%%

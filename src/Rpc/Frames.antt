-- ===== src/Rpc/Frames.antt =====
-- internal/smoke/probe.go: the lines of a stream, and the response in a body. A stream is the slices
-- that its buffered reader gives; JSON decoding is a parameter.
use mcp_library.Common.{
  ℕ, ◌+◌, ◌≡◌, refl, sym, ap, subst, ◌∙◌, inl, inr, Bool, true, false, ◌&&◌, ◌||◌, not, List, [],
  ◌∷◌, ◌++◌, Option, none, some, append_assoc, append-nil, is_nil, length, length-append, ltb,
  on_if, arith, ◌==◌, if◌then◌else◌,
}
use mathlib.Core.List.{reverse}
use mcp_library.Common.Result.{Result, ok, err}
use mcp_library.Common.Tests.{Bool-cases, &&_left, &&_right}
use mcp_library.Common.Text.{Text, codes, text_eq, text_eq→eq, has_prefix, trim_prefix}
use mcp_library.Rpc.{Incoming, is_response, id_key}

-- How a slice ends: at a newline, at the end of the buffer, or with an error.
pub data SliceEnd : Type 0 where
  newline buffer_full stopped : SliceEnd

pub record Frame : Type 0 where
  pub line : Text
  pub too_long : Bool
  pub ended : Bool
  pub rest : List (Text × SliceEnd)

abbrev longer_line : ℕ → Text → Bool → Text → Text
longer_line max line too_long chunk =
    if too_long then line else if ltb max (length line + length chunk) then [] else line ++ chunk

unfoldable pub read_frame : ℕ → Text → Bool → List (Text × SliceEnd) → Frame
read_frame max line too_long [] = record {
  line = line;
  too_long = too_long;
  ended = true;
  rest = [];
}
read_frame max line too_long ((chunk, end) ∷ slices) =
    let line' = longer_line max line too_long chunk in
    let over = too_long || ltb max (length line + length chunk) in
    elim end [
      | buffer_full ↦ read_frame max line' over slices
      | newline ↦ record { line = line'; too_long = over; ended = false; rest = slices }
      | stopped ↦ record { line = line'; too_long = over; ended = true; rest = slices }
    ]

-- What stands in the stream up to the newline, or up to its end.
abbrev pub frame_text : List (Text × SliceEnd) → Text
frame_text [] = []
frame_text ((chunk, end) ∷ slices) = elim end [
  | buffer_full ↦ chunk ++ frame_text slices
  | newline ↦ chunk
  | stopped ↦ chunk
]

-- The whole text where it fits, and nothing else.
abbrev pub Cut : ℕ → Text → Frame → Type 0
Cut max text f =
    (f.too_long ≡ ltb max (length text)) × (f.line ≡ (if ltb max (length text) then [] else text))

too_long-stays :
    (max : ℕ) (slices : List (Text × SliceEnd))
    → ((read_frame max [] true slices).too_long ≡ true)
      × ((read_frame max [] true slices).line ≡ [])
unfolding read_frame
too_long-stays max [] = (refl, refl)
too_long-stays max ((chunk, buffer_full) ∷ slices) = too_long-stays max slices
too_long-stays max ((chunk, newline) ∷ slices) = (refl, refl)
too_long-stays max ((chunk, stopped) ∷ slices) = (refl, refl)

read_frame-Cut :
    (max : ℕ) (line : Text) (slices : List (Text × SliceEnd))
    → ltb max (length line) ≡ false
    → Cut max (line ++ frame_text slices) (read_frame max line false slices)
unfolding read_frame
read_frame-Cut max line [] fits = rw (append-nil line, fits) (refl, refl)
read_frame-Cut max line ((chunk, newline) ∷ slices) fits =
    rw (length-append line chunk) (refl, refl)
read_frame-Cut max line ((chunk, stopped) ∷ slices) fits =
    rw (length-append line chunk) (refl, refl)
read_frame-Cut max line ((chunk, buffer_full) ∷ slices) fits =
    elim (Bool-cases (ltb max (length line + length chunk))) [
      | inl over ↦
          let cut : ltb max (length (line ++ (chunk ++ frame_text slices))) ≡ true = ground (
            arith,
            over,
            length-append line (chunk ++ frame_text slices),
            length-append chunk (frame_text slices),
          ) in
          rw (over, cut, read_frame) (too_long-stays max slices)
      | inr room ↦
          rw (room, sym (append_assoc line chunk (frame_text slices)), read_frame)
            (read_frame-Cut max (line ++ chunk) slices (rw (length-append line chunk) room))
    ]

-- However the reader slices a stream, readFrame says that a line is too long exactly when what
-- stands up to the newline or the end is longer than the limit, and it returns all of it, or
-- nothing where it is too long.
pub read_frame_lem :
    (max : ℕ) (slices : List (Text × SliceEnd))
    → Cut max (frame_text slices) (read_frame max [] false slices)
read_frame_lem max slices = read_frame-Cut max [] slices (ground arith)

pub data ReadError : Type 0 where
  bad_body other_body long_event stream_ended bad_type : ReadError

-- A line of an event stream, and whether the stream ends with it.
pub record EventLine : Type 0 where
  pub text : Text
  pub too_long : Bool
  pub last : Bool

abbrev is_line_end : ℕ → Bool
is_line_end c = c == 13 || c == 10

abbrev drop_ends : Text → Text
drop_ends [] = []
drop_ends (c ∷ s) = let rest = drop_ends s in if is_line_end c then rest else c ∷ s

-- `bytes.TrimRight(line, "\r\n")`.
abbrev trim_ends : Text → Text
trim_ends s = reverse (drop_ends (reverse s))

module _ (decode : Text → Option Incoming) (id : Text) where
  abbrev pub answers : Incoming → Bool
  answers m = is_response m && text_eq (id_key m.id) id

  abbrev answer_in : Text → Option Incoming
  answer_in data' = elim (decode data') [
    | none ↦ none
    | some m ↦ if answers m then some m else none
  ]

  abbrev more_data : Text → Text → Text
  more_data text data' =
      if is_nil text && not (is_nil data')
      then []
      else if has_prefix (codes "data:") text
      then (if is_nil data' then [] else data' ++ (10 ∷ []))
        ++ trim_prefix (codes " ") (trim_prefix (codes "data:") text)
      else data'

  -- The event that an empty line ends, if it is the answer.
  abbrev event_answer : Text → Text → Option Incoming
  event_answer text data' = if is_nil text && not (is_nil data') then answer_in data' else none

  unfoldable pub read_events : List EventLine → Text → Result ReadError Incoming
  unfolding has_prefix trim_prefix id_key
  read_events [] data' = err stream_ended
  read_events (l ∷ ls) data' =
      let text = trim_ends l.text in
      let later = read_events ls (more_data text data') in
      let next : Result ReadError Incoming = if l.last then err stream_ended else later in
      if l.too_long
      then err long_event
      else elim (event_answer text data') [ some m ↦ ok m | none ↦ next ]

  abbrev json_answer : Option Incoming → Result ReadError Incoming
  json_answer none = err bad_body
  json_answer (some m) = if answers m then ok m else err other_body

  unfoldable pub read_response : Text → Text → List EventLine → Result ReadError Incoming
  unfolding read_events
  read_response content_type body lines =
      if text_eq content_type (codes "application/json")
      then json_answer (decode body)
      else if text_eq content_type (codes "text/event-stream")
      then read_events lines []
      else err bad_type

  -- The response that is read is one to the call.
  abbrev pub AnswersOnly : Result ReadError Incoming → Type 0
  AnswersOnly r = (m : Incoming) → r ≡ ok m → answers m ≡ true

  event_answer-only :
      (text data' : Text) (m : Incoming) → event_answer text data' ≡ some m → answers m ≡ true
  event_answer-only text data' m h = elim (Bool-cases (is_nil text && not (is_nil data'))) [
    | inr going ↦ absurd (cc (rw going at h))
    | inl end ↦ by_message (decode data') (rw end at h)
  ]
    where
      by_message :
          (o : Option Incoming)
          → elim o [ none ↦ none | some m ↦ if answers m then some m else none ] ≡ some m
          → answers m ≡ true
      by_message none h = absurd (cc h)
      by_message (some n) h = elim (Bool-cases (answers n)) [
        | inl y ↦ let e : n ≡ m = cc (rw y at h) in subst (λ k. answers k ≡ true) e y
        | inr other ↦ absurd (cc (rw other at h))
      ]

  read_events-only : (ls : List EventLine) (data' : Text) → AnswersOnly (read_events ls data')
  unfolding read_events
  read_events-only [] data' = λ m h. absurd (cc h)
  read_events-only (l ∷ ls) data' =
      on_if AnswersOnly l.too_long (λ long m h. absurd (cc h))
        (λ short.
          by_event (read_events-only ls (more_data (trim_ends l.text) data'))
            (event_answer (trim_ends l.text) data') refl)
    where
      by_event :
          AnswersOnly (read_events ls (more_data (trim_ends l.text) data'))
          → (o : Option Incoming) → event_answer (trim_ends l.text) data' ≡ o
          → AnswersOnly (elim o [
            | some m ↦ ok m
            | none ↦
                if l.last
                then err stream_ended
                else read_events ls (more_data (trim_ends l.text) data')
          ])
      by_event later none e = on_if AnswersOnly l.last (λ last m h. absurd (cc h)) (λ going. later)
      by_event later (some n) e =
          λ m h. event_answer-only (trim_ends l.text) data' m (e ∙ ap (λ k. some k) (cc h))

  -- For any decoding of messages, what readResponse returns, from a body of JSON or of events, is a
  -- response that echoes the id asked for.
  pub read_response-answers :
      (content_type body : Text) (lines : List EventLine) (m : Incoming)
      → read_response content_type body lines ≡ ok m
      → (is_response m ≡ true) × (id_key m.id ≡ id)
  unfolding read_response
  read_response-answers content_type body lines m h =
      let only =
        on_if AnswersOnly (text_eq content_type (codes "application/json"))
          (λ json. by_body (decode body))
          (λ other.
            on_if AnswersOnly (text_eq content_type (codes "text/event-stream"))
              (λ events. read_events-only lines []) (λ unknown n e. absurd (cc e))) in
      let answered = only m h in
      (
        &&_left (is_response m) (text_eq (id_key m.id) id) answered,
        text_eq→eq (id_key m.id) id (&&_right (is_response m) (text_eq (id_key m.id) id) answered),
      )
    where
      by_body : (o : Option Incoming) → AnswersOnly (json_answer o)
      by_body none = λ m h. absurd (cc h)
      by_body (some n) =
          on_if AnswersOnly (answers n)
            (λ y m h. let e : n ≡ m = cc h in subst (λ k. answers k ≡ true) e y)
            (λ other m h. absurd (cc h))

%%

From the records above, extract exactly and only the lines that begin at the line with "by_event later none" and stop after the line with "(id_key m.id ≡ id)".

• Output for this exercise:
      by_event later none e = on_if AnswersOnly l.last (λ last m h. absurd (cc h)) (λ going. later)
      by_event later (some n) e =
          λ m h. event_answer-only (trim_ends l.text) data' m (e ∙ ap (λ k. some k) (cc h))

  -- For any decoding of messages, what readResponse returns, from a body of JSON or of events, is a
  -- response that echoes the id asked for.
  pub read_response-answers :
      (content_type body : Text) (lines : List EventLine) (m : Incoming)
      → read_response content_type body lines ≡ ok m
      → (is_response m ≡ true) × (id_key m.id ≡ id)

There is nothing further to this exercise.